# [Task statement]
Where does the string "works" appear in the records? Copy each line that holds it.

Stored dataset items:

+---+

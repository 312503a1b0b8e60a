-- ===== src/Model/Samples.antt =====
-- Data that the tests of several parts share.
use api_integrity_tool.Base.{false, none, [], Str, codes, pos}
use api_integrity_tool.Model.Severity.{Severity}
use api_integrity_tool.Model.Repo.{RepoRef, Upstream, implementation}
use api_integrity_tool.Model.Decision.{Decision, later, free_text}
use api_integrity_tool.Model.Finding.{Finding, FindingStatus}

abbrev pub billing_repo : RepoRef
billing_repo = record {
  provider = codes "github";
  git_host = codes "github.com";
  owner = codes "Acme";
  name = codes "billing";
  subpath = [];
  ref = [];
}

abbrev pub sample_finding : Str → Severity → FindingStatus → Finding
sample_finding fp severity status = record {
  id = codes "f_1";
  fingerprint = fp;
  signal = codes "spec.undocumented";
  severity = severity;
  confidence = 90;
  corroborated = false;
  title = codes "GET /v1/charge";
  detail = [];
  suggestion = [];
  host = codes "api.acme.com";
  repo = billing_repo;
  commit_sha = [];
  base_sha = [];
  head_sha = [];
  compare_url = [];
  evidence = [];
  endpoints = [];
  first_seen_at = 1;
  last_seen_at = 1;
  occurrences = 1;
  status = status;
  status_note = [];
  status_by = [];
  status_at = none;
  muted_until = none;
}

abbrev pub sample_upstream : Str → Upstream
sample_upstream path_prefix = record {
  host = codes "api.acme.com";
  repo = billing_repo;
  path_prefix = path_prefix;
  role = implementation;
  priority = pos 0;
  source = codes "cli";
  confidence = 100;
  note = [];
  status = codes "active";
  created_at = 1;
  updated_at = 1;
}

abbrev pub sample_decision : Decision
sample_decision = record {
  host = codes "api.acme.com";
  kind = later;
  reason = free_text [];
  decided_by = codes "cli";
  decided_at = 0;
  expires_at = none;
}
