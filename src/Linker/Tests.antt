-- ===== src/Linker/Tests.antt =====
-- The theorems on the linker at concrete values, and tests of its operations.
use api_integrity_tool.Base.{
  ◌≡◌, refl, true, false, not, Option, none, some, List, [], ◌∷◌, All, keep, map, length, Str,
  codes, pos,
}
use api_integrity_tool.Model.Repo.{Role, spec_only, Upstream}
use api_integrity_tool.Model.Decision.{noise}
use api_integrity_tool.Model.Samples.{billing_repo, sample_upstream, sample_decision}
use api_integrity_tool.Store.State.{State, empty_state}
use api_integrity_tool.Upstream.Ref.{RepoUrl, ok}
use api_integrity_tool.Upstream.WellKnown.{WellKnown}
use api_integrity_tool.Linker.Config.{
  ConfigFile, UpstreamEntry, entry_upstream, configured_upstreams, configured_decisions,
}
use api_integrity_tool.Linker.Requests.{HostRequest, NeedsLink}
use api_integrity_tool.Linker.Linking.{
  is_config_link, is_config_decision, dated_link, dated_decision, sync_step, empty_report, no_host,
}
use api_integrity_tool.Linker.Auto.{auto_loop, link_host}
use api_integrity_tool.Linker.Sync.{sync_step_lem}
use api_integrity_tool.Linker.Account.{told, note_all, fates, WasFree, auto_loop_lem}
use api_integrity_tool.Linker.Prompt.{Input, prompt, cli_options}

-- No text of these tests is a URL.
abbrev no_urls : Str → Option RepoUrl
no_urls s = none

abbrev billing_entry : UpstreamEntry
billing_entry = record {
  repo = codes "Acme/billing";
  path_prefix = codes "/v1";
  role = Role.other [];
  ref = [];
  priority = pos 2;
  note = [];
}

abbrev sample_config : ConfigFile
sample_config = record {
  upstreams = (codes "api.acme.com", billing_entry ∷ []) ∷ [];
  unmonitored_hosts = record { host = codes "ads.acme.com"; reason = noise } ∷ [];
}

abbrev before : State
before = record empty_state {
  upstreams = sample_upstream [] ∷ [];
  decisions = sample_decision ∷ [];
}

abbrev configured : List Upstream
configured = entry_upstream (codes "api.acme.com") billing_entry billing_repo ∷ []

config_reads : configured_upstreams no_urls sample_config ≡ ok configured
unfolding configured_upstreams entry_upstream
config_reads = refl

sync_step_lem_example :
    let after = sync_step configured (configured_decisions sample_config) 7 before in
    (keep is_config_link after.upstreams ≡ map (dated_link 7) configured)
    × (keep (λ u. not (is_config_link u)) after.upstreams
        ≡ keep (λ u. not (is_config_link u)) before.upstreams)
    × (keep is_config_decision after.decisions
        ≡ map (dated_decision 7) (configured_decisions sample_config))
    × (keep (λ d. not (is_config_decision d)) after.decisions
        ≡ keep (λ d. not (is_config_decision d)) before.decisions)
    × (sync_step configured (configured_decisions sample_config) 7 after ≡ after)
sync_step_lem_example = sync_step_lem no_urls sample_config configured 7 before config_reads

abbrev request : Str → HostRequest
request host = record {
  host = host;
  endpoint_count = 1;
  sample_endpoints = [];
  symbolic = false;
  guesses = [];
}

abbrev sample_table : List WellKnown
sample_table =
    record {
      host = codes "*.stripe.com";
      vendor = codes "Stripe";
      repo = codes "stripe/openapi";
      role = spec_only;
    }
    ∷ []

abbrev requests : List HostRequest
requests =
    request (codes "api.acme.com") ∷ request (codes "api.stripe.com") ∷ request (codes "self") ∷ []

loop_ends :
    (auto_loop no_urls sample_table 7 before requests empty_report (some before)).error ≡ none
unfolding auto_loop
loop_ends = refl

loop_test :
    let rep =
      (auto_loop no_urls sample_table 7 before requests empty_report (some before)).report in
    (map (λ (u : Upstream). u.repo.name) rep.linked ≡ codes "openapi" ∷ [])
    × (map (λ (n : NeedsLink). n.host) rep.needs_link ≡ codes "self" ∷ [])
    × (rep.already_linked ≡ 1)
unfolding auto_loop
loop_test = (refl, refl, refl)

auto_loop_lem_example :
    let left = auto_loop no_urls sample_table 7 before requests empty_report (some before) in
    (left.report ≡ note_all (fates no_urls sample_table 7 before requests) empty_report)
    × (told left.report ≡ length requests)
    × All (WasFree no_urls sample_table 7 before) left.report.linked
auto_loop_lem_example = auto_loop_lem no_urls sample_table 7 before requests (some before) loop_ends

abbrev need : Str → NeedsLink
need host = record {
  host = host;
  endpoint_count = 1;
  sample_endpoints = [];
  suggested_repo = [];
  suggested_why = [];
  symbolic = false;
}

abbrev needs : List NeedsLink
needs = need (codes "a.dev") ∷ need (codes "b.dev") ∷ need (codes "c.dev") ∷ []

-- The first host is linked, the second reference is no repository, and the third is not asked about.
abbrev typed : Input
typed = record { lines = codes "Acme/billing" ∷ codes "nothing" ∷ []; tail = [] }

prompt-test :
    map (λ (n : NeedsLink). n.host) (prompt no_urls 7 needs true (pos 2) typed none).remaining
    ≡ codes "b.dev" ∷ codes "c.dev" ∷ []
unfolding prompt
prompt-test = refl

link-test :
    link_host no_urls (codes " ") (codes "Acme/billing") cli_options 7 none ≡ (some no_host, none)
unfolding link_host
link-test = refl
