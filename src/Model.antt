-- ===== src/Model.antt =====
-- internal/model/model.go: the domain types that the other parts share.
pub mod Severity
pub mod Repo
pub mod Decision
pub mod Finding
pub mod Samples
mod Tests
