-- ===== src/Model/Tests.antt =====
-- The theorems on the domain types at concrete findings, and tests of their functions.
use api_integrity_tool.Base.{
  ◌≡◌, refl, ◌+◌, false, some, none, List, [], ◌∷◌, codes, str_eq, length, Perm, keep,
}
use api_integrity_tool.Model.Severity.{breaking, risky, severity_eq, parse_severity}
use api_integrity_tool.Model.Repo.{canonical, key}
use api_integrity_tool.Model.Finding.{
  Finding, open_status, muted, sort_findings, count_by_severity, visible,
}
use api_integrity_tool.Model.Finding.Display.{
  IsShownInOrder, sort_findings_lem, count_by_severity_lem,
}
use api_integrity_tool.Model.Samples.{billing_repo, sample_finding}

abbrev two_findings : List Finding
two_findings =
    sample_finding (codes "fp_a") risky open_status
    ∷ sample_finding (codes "fp_b") breaking open_status
    ∷ []

sort_findings_lem_example :
    Perm (sort_findings two_findings) two_findings × IsShownInOrder (sort_findings two_findings)
sort_findings_lem_example = sort_findings_lem two_findings (tt, (tt, tt))

count_by_severity_lem_example :
    ((count_by_severity two_findings).breaking
      ≡ length (keep (λ f. severity_eq f.severity breaking) two_findings))
    × ((count_by_severity two_findings).risky
        ≡ length (keep (λ f. severity_eq f.severity risky) two_findings))
    × ((count_by_severity two_findings).breaking
          + (count_by_severity two_findings).risky
          + (count_by_severity two_findings).info
        ≡ length two_findings)
    × ((count_by_severity two_findings).total ≡ length two_findings)
count_by_severity_lem_example = count_by_severity_lem two_findings

sorts_by_severity :
    sort_findings two_findings
    ≡ sample_finding (codes "fp_b") breaking open_status
      ∷ sample_finding (codes "fp_a") risky open_status
      ∷ []
unfolding sort_findings
sorts_by_severity = refl

parses_severity : parse_severity (codes " Breaking ") ≡ some breaking
unfolding parse_severity str_eq
parses_severity = refl

rejects_severity : parse_severity (codes "fatal") ≡ none
unfolding parse_severity str_eq
rejects_severity = refl

renders_repo : canonical billing_repo ≡ codes "https://github.com/Acme/billing"
unfolding canonical
renders_repo = refl

folds_key : key billing_repo ≡ codes "github|github.com|acme|billing|"
unfolding key
folds_key = refl

mute_without_end_hides : visible (sample_finding (codes "fp_a") risky muted) 9 ≡ false
unfolding visible
mute_without_end_hides = refl
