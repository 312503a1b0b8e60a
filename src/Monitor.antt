-- ===== src/Monitor.antt =====
-- internal/monitor: how a detected change becomes a finding.
mod Tests
pub mod Samples
pub mod Score
pub mod Patch
pub mod FileClass
pub mod Source
pub mod Targets
pub mod Notes
pub mod Check
pub mod Select
pub mod Run
pub mod Match
pub mod Announce
pub mod Removals
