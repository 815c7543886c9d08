-- ===== src/InprocessBroker/Delivery.antt =====
-- What a message after an `unsubscribe` meets in internal/infrastructure/inprocess/broker.go.
use talos_app.Prelude.{
  ◌≡◌, refl, String, Bool-cases, inl, inr, none, some, Option, List, [], ◌∷◌, ◌++◌, length, str_eq,
  str_eq-refl,
}
use talos_app.Exec.{ok}
use talos_app.InprocessBroker.{
  Handler, Broker, handlers_of, set_handlers, deliver_all, publish, subscribe, clear, unsubscribe,
  panicked,
}

module _ {S : Type 0} where
  handlers_of-set_handlers :
      (topic : String) (hs : List (Option (Handler S))) (b : Broker S)
      → handlers_of topic (set_handlers topic hs b) ≡ hs
  unfolding handlers_of set_handlers
  handlers_of-set_handlers topic hs [] = rw (str_eq-refl topic) refl
  handlers_of-set_handlers topic hs ((t, old) ∷ rest) = elim (Bool-cases (str_eq t topic)) [
    | inl e ↦ rw (e, str_eq-refl topic) refl
    | inr e ↦ rw (e, e) (handlers_of-set_handlers topic hs rest)
  ]

  clear-last :
      (hs : List (Option (Handler S))) (h : Handler S)
      → clear (length hs) (hs ++ some h ∷ []) ≡ hs ++ none ∷ []
  unfolding clear
  clear-last [] h = refl
  clear-last (x ∷ hs) h = rw (clear-last hs h) refl

  -- All of the handlers return.
  abbrev pub AllReturn : String → List (Option (Handler S)) → Type 0
  AllReturn payload [] = Unit
  AllReturn payload (none ∷ hs) = ⊥
  AllReturn payload (some h ∷ hs) = ((s : S) → (h payload s).0 ≡ ok tt) × AllReturn payload hs

  deliver_all-cleared :
      (payload : String) (hs : List (Option (Handler S))) (s : S)
      → AllReturn payload hs
      → (deliver_all payload (hs ++ none ∷ []) s).0 ≡ panicked
  unfolding deliver_all
  deliver_all-cleared payload [] s a = refl
  deliver_all-cleared payload (none ∷ hs) s a = elim a [ ]
  deliver_all-cleared payload (some h ∷ hs) s a =
      rw (a.0 s) (deliver_all-cleared payload hs (h payload s).1 a.1)

  -- A handler subscribes to a topic whose other handlers all return, and unsubscribes: the next message
  -- on the topic panics, whatever the handler and the state.
  pub unsubscribe-panics :
      (b : Broker S) (topic payload : String) (h : Handler S) (s : S)
      → AllReturn payload (handlers_of topic b)
      → let (n, b') = subscribe topic h b in
        (publish (unsubscribe topic n b') topic payload s).0 ≡ panicked
  unfolding publish subscribe unsubscribe
  unsubscribe-panics b topic payload h s a =
      let hs = handlers_of topic b in
      let added = handlers_of-set_handlers topic (hs ++ some h ∷ []) b in
      rw (handlers_of-set_handlers topic _ _)
        (rw (added) (rw (clear-last hs h) (deliver_all-cleared payload hs s a)))
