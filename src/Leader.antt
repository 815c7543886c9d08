-- ===== src/Leader.antt =====
-- internal/infrastructure/leaderelection/leaderelection.go over the lock of
-- internal/infrastructure/redis/client.go. The Redis server is a parameter with its documented
-- behaviour; a call of it may be refused, or be done and its reply be lost.
pub mod Exclusive
pub mod Reachable
use talos_app.Prelude.{
  ℕ, ◌+◌, ◌≤◌, ◌<◌, ◌≡◌, Bool, true, false, Option, none, some, ◌==◌, if◌then◌else◌,
}
use talos_app.Shared.{Time}

-- `uuid.NewString()`
abbrev pub Token : Type 0
Token = ℕ

-- The commands on one key, each at a time of the server's clock.
pub record Redis (R : Type 0) : Type 0 where
  pub value : Time → R → Option Token
  pub set_nx : Time → Token → Time → R → Bool × R
  pub pexpire : Time → Time → R → Bool × R
  pub del : Time → R → R
  pub set_nx_held :
      (t : Time) (k tok : Token) (ttl : Time) (r : R)
      → value t r ≡ some k
      → set_nx t tok ttl r ≡ (false, r)
  pub set_nx_free :
      (t : Time) (tok : Token) (ttl : Time) (r : R)
      → value t r ≡ none
      → (set_nx t tok ttl r).0 ≡ true
  pub set_nx_keeps :
      (t : Time) (tok : Token) (ttl : Time) (r : R) (u : Time)
      → value t r ≡ none
      → t ≤ u
      → u < t + ttl
      → value u (set_nx t tok ttl r).1 ≡ some tok
  pub pexpire_keeps :
      (t : Time) (k : Token) (ttl : Time) (r : R) (u : Time)
      → value t r ≡ some k
      → t ≤ u
      → u < t + ttl
      → value u (pexpire t ttl r).1 ≡ some k

pub data Link : Type 0 where
  works refused lost : Link

module _ {R : Type 0} where
  unfoldable pub over : {A : Type 0} → Link → (R → A × R) → R → Option A × R
  over works f r = (some (f r).0, (f r).1)
  over refused f r = (none, r)
  over lost f r = (none, (f r).1)

  -- `IsLeader` from the reply to `AcquireLock`: the answer, the lock that is kept, the server.
  unfoldable pub acquired : Token → Option Bool × R → Bool × Option Token × R
  acquired tok (some true, r) = (true, some tok, r)
  acquired tok (some false, r) = (false, none, r)
  acquired tok (none, r) = (false, none, r)

module _ {R : Type 0} (server : Redis R) (ttl : Time) where
  abbrev matches : Token → Option Token → Bool
  matches tok none = false
  matches tok (some k) = k == tok

  -- The script of `Renew`.
  unfoldable pub renew_script : Time → Token → R → Bool × R
  renew_script t tok r =
      if matches tok (server.value t r) then server.pexpire t ttl r else (false, r)

  -- The script of `Unlock`.
  unfoldable pub unlock_script : Time → Token → R → Bool × R
  unlock_script t tok r =
      if matches tok (server.value t r) then (true, server.del t r) else (false, r)

  unfoldable pub acquire_lock : Link → Time → Token → R → Option Bool × R
  acquire_lock link t tok = over link (server.set_nx t tok ttl)

  unfoldable pub renew : Link → Time → Token → R → Option Bool × R
  renew link t tok = over link (renew_script t tok)

  unfoldable pub unlock : Link → Time → Token → R → Option Bool × R
  unlock link t tok = over link (unlock_script t tok)

  -- `IsLeader` from the reply to `Renew`.
  unfoldable pub renewed : Link → Time → Token → Token → Option Bool × R → Bool × Option Token × R
  unfolding acquired
  renewed link t held tok (some true, r) = (true, some held, r)
  renewed link t held tok (some false, r) = acquired tok (acquire_lock link t tok r)
  renewed link t held tok (none, r) = (false, none, r)

  -- `IsLeader`: `tok` is the token that it makes where it acquires.
  unfoldable pub is_leader : Link → Link → Time → Token → Option Token → R → Bool × Option Token × R
  unfolding renewed
  is_leader first second t tok none r = acquired tok (acquire_lock second t tok r)
  is_leader first second t tok (some held) r = renewed second t held tok (renew first t held r)

  unfoldable pub resign : Link → Time → Option Token → R → Option Token × R
  resign link t none r = (none, r)
  resign link t (some held) r = (none, (unlock link t held r).1)

-- All replicas at one time of the server's clock: the lock that each keeps, and until when its last
-- positive answer holds good.
pub record Replicas (R : Type 0) : Type 0 where
  pub now : Time
  pub server : R
  pub locks : ℕ → Option Token
  pub until : ℕ → Time

abbrev pub put : {A : Type 0} → ℕ → A → (ℕ → A) → ℕ → A
put i a f j = if j == i then a else f j

module _ {R : Type 0} (server : Redis R) (ttl : Time) where
  unfoldable pub ask : Link → Link → ℕ → Token → Replicas R → Replicas R
  ask first second i tok s =
      let r = is_leader server ttl first second s.now tok (s.locks i) s.server in
      record s {
        server = r.2;
        locks = put i r.1 s.locks;
        until = put i (if r.0 then s.now + ttl else 0) s.until;
      }

  unfoldable pub step_down : Link → ℕ → Replicas R → Replicas R
  step_down link i s =
      let r = resign server ttl link s.now (s.locks i) s.server in
      record s { server = r.1; locks = put i r.0 s.locks; until = put i 0 s.until }
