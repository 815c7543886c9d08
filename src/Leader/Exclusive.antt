-- ===== src/Leader/Exclusive.antt =====
-- At most one replica leads, in internal/infrastructure/leaderelection/leaderelection.go.
use talos_app.Prelude.{
  ◌+◌, ◌≤◌, ◌<◌, ◌≡◌, refl, sym, ap, ◌∙◌, Bool, true, false, Option, none, some, ◌==◌, arith,
  Bool-cases, Option-cases, inl, inr, ◌⊎◌, some-injective, ==_iff,
}
use talos_app.Shared.{Time}
use talos_app.Leader.{
  Token, Redis, Link, works, refused, lost, over, renew_script, unlock_script, acquire_lock, renew,
  unlock, acquired, renewed, is_leader, resign,
}

pub never : (x : Token) → none ≡ some x → ⊥
never x q = ground arith

module _ {R : Type 0} (server : Redis R) (ttl : Time) where
  -- What an answer of `IsLeader` means: the lock that is kept is the one that was held or the new one,
  -- it is kept only with a positive answer, and then the server has it for the whole lease.
  pub record IsLease (t : Time) (tok : Token) (held : Option Token) (out : Bool × Option Token × R)
      : Type 0 where
    pub positive : (x : Token) → out.1 ≡ some x → out.0 ≡ true
    pub known : (x : Token) → out.1 ≡ some x → (held ≡ some x) ⊎ (x ≡ tok)
    pub leased :
        (x : Token)
        → out.1 ≡ some x
        → (u : Time) → t ≤ u
        → u < t + ttl
        → server.value u out.2 ≡ some x

  nothing :
      (t : Time) (tok : Token) (held : Option Token) (r : R) → IsLease t tok held (false, none, r)
  nothing t tok held r = record {
    positive = λ x q. ground (arith, q);
    known = λ x q. ground (arith, q);
    leased = λ x q u a b. elim (never x q) [ ];
  }

  acquire-IsLease :
      (link : Link) (t : Time) (tok : Token) (held : Option Token) (r : R)
      → IsLease t tok held (acquired tok (acquire_lock server ttl link t tok r))
  unfolding acquired acquire_lock over
  acquire-IsLease works t tok held r = elim (Option-cases (server.value t r)) [
    | inl n ↦ rw (server.set_nx_free t tok ttl r n) (record {
      positive = λ x q. refl;
      known = λ x q. inr (sym (some-injective tok x q));
      leased = λ x q u a b. server.set_nx_keeps t tok ttl r u n a b ∙ q;
    })
    | inr (k, n) ↦ rw (server.set_nx_held t k tok ttl r n) (nothing t tok held r)
  ]
  acquire-IsLease refused t tok held r = nothing t tok held r
  acquire-IsLease lost t tok held r = nothing t tok held (server.set_nx t tok ttl r).1

  -- A server that has the token of another replica is left as it is.
  acquire-blocked :
      (link : Link) (t : Time) (tok k : Token) (r : R)
      → server.value t r ≡ some k
      → (acquired tok (acquire_lock server ttl link t tok r)).2 ≡ r
  unfolding acquired acquire_lock over
  acquire-blocked works t tok k r h = rw (server.set_nx_held t k tok ttl r h) refl
  acquire-blocked refused t tok k r h = refl
  acquire-blocked lost t tok k r h = rw (server.set_nx_held t k tok ttl r h) refl

  renew-IsLease :
      (first second : Link) (t : Time) (held tok : Token) (r : R)
      → IsLease t tok
          (some held)
          (renewed server ttl second t held tok (renew server ttl first t held r))
  unfolding renewed renew renew_script over
  renew-IsLease works second t held tok r = elim (Option-cases (server.value t r)) [
    | inl n ↦ rw n (acquire-IsLease second t tok (some held) r)
    | inr (k, n) ↦ elim (Bool-cases (k == held)) [
      | inl m ↦
          rw (n, m)
            (elim (Bool-cases (server.pexpire t ttl r).0) [
              | inl y ↦ rw y (record {
                positive = λ x q. refl;
                known = λ x q. inl q;
                leased = λ x q u a b.
                    server.pexpire_keeps t held ttl r u (n ∙ ap some ((==_iff k held).0 m)) a b ∙ q;
              })
              | inr y ↦ rw y (acquire-IsLease second t tok (some held) (server.pexpire t ttl r).1)
            ])
      | inr m ↦ rw (n, m) (acquire-IsLease second t tok (some held) r)
    ]
  ]
  renew-IsLease refused second t held tok r = nothing t tok (some held) r
  renew-IsLease lost second t held tok r = nothing t tok (some held) _

  pub is_leader-IsLease :
      (first second : Link) (t : Time) (tok : Token) (held : Option Token) (r : R)
      → IsLease t tok held (is_leader server ttl first second t tok held r)
  unfolding is_leader
  is_leader-IsLease first second t tok none r = acquire-IsLease second t tok none r
  is_leader-IsLease first second t tok (some x) r = renew-IsLease first second t x tok r

  pub is_leader-blocked :
      (first second : Link) (t : Time) (tok k : Token) (held : Option Token) (r : R)
      → server.value t r ≡ some k
      → ((x : Token) → held ≡ some x → (k == x) ≡ false)
      → (is_leader server ttl first second t tok held r).2 ≡ r
  unfolding is_leader renewed renew renew_script over
  is_leader-blocked first second t tok k none r h d = acquire-blocked second t tok k r h
  is_leader-blocked works second t tok k (some x) r h d =
      rw (h, d x refl) (acquire-blocked second t tok k r h)
  is_leader-blocked refused second t tok k (some x) r h d = refl
  is_leader-blocked lost second t tok k (some x) r h d = rw (h, d x refl) refl

  pub resign-none :
      (link : Link) (t : Time) (held : Option Token) (r : R)
      → (resign server ttl link t held r).0 ≡ none
  unfolding resign
  resign-none link t none r = refl
  resign-none link t (some x) r = refl

  pub resign-blocked :
      (link : Link) (t : Time) (k : Token) (held : Option Token) (r : R)
      → server.value t r ≡ some k
      → ((x : Token) → held ≡ some x → (k == x) ≡ false)
      → (resign server ttl link t held r).1 ≡ r
  unfolding resign unlock unlock_script over
  resign-blocked link t k none r h d = refl
  resign-blocked works t k (some x) r h d = rw (h, d x refl) refl
  resign-blocked refused t k (some x) r h d = refl
  resign-blocked lost t k (some x) r h d = rw (h, d x refl) refl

+---+

# [Exercise response]
  works refused lost : Link
  over works f r = (some (f r).0, (f r).1)
  Token, Redis, Link, works, refused, lost, over, renew_script, unlock_script, acquire_lock, renew,
  acquire-IsLease works t tok held r = elim (Option-cases (server.value t r)) [
  acquire-blocked works t tok k r h = rw (server.set_nx_held t k tok ttl r h) refl
  renew-IsLease works second t held tok r = elim (Option-cases (server.value t r)) [
  is_leader-blocked works second t tok k (some x) r h d =
  resign-blocked works t k (some x) r h d = rw (h, d x refl) refl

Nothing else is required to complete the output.